* Problem statement:
Where a line of the records contains the word "alice", show that line.

* Record set:
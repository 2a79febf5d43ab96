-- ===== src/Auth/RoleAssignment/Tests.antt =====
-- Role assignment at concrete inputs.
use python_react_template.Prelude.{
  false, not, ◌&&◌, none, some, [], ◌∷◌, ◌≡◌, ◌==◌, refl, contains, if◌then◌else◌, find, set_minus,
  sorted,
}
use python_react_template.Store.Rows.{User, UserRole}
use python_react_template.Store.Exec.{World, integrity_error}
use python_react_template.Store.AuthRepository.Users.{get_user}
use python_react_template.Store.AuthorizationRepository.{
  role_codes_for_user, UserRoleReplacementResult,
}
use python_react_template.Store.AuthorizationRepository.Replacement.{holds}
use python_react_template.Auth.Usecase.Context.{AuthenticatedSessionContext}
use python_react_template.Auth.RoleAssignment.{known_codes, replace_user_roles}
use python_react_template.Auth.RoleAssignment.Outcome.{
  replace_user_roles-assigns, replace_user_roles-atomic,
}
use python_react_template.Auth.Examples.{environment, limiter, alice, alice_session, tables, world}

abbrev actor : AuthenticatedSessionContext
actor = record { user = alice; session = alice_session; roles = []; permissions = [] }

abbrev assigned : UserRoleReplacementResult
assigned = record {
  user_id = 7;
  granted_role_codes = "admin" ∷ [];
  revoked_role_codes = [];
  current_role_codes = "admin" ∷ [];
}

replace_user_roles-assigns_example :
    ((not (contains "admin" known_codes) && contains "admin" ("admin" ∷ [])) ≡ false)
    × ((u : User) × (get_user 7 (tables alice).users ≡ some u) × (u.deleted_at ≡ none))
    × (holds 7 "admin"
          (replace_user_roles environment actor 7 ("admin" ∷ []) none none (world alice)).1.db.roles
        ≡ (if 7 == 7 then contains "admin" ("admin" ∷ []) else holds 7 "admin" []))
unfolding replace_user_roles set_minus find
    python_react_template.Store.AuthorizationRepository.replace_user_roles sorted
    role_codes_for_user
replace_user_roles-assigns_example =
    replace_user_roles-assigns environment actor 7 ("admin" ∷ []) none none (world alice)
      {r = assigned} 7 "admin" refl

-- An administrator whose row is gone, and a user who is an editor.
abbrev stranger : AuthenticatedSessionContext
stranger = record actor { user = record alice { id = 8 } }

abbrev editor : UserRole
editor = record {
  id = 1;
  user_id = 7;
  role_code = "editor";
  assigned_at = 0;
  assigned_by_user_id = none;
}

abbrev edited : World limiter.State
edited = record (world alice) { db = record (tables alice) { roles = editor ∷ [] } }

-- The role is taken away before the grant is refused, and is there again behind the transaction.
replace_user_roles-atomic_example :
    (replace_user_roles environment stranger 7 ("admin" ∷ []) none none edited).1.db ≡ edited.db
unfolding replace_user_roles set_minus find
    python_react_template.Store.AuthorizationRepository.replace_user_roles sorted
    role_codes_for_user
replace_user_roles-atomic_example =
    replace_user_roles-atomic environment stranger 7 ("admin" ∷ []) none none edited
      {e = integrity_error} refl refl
...
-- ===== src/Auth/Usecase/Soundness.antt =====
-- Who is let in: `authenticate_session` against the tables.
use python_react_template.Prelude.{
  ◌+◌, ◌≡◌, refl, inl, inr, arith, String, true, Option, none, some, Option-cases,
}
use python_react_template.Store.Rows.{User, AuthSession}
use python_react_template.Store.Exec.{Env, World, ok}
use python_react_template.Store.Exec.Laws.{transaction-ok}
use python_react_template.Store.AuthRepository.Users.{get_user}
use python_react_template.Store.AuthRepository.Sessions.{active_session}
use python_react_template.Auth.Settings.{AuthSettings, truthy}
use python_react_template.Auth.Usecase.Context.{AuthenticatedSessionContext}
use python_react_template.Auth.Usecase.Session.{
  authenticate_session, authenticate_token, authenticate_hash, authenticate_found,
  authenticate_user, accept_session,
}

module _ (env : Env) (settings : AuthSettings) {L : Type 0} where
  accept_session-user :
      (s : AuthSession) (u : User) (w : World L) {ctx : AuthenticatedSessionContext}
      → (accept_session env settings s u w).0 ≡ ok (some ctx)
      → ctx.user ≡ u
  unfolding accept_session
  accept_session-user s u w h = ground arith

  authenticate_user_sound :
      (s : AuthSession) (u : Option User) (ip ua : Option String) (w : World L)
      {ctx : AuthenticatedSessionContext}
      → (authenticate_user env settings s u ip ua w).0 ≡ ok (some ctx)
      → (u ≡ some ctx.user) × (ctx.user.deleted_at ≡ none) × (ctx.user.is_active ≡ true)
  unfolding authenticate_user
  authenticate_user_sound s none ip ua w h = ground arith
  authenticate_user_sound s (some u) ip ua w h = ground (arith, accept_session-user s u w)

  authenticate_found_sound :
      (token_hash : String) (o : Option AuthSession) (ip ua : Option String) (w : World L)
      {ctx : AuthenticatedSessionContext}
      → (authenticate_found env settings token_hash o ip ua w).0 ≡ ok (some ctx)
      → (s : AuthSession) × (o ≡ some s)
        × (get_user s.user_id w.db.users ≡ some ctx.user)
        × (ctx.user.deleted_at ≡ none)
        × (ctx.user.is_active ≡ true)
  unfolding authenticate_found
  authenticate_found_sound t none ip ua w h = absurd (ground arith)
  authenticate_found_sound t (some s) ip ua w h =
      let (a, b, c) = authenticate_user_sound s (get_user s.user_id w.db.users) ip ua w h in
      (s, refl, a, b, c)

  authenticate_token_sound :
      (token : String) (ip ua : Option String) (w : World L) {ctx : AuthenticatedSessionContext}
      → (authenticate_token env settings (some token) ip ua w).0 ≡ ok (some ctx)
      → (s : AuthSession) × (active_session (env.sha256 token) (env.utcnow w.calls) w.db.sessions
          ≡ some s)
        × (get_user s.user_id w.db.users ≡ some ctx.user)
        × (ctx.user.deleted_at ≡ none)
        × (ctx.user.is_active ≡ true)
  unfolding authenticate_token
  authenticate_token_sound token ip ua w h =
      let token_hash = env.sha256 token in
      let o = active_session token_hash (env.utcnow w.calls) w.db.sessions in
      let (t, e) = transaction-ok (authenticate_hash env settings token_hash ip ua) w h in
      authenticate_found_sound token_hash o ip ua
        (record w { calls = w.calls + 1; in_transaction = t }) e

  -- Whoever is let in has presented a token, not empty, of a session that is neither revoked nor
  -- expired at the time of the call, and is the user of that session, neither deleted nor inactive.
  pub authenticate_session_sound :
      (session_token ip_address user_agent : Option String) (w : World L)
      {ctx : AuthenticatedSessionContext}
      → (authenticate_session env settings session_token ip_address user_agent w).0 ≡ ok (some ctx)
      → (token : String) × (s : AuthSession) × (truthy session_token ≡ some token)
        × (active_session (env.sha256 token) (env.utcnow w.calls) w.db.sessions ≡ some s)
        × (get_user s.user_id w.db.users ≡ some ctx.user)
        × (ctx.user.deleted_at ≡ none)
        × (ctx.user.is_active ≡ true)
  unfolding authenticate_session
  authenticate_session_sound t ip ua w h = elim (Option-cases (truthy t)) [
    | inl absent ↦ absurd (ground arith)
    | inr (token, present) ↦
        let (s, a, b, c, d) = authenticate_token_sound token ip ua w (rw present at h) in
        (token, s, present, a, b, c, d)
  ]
---
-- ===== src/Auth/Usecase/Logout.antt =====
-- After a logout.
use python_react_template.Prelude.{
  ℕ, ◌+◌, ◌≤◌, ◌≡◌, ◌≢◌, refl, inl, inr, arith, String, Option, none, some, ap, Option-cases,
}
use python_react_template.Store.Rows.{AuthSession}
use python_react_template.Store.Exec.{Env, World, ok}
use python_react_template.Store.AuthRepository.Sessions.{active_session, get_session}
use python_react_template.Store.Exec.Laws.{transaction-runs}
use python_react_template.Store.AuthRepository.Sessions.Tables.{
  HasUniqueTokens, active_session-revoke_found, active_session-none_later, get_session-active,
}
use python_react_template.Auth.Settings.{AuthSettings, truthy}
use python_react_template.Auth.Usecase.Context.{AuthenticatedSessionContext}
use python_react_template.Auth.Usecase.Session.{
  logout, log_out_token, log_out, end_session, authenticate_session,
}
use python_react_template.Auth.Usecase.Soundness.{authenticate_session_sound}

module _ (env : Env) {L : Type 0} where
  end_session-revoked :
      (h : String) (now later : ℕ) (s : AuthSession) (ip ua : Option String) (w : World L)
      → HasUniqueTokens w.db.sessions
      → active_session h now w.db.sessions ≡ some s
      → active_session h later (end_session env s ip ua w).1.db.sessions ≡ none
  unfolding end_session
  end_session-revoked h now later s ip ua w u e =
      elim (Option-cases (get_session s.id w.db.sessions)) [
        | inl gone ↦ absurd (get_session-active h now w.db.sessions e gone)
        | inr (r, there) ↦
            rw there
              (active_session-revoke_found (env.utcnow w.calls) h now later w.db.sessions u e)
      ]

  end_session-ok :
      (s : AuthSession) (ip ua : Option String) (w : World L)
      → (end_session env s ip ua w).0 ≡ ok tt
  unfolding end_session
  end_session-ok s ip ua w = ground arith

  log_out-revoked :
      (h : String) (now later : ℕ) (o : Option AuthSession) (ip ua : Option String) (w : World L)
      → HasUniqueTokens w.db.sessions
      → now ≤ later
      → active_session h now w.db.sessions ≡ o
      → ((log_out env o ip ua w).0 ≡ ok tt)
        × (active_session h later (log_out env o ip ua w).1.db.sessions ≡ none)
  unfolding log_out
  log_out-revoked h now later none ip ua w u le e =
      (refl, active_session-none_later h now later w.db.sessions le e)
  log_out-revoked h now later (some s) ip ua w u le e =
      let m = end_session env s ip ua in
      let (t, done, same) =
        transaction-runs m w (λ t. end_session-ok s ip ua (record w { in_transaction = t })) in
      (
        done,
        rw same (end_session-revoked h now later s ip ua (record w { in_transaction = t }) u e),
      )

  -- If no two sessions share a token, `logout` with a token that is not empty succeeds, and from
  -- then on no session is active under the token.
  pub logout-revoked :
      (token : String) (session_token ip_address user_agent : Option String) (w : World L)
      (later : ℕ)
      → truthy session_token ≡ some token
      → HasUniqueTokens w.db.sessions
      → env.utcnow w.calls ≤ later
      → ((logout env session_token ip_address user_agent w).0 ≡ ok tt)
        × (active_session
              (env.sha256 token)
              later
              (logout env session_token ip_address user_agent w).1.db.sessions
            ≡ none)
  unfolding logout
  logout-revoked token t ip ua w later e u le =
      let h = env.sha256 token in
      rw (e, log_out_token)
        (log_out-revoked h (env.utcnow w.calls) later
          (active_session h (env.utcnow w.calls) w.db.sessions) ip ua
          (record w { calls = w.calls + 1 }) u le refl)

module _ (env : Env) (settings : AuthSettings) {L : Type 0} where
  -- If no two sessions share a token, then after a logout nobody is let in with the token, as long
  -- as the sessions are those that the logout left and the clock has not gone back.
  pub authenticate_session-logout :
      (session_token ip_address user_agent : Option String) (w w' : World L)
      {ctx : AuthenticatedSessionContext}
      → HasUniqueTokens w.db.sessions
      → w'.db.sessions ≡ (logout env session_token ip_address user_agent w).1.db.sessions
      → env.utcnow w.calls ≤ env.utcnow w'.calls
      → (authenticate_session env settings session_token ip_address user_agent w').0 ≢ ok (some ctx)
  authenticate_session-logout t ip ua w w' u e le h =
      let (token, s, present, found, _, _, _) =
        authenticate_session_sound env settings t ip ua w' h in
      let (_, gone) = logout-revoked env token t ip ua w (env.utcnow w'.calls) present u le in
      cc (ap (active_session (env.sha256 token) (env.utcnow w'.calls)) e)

* Exercise result:
use python_react_template.Auth.Examples.{environment, limiter, alice, alice_session, tables, world}
actor = record { user = alice; session = alice_session; roles = []; permissions = [] }
    × ((u : User) × (get_user 7 (tables alice).users ≡ some u) × (u.deleted_at ≡ none))
          (replace_user_roles environment actor 7 ("admin" ∷ []) none none (world alice)).1.db.roles
    replace_user_roles-assigns environment actor 7 ("admin" ∷ []) none none (world alice)
stranger = record actor { user = record alice { id = 8 } }
edited = record (world alice) { db = record (tables alice) { roles = editor ∷ [] } }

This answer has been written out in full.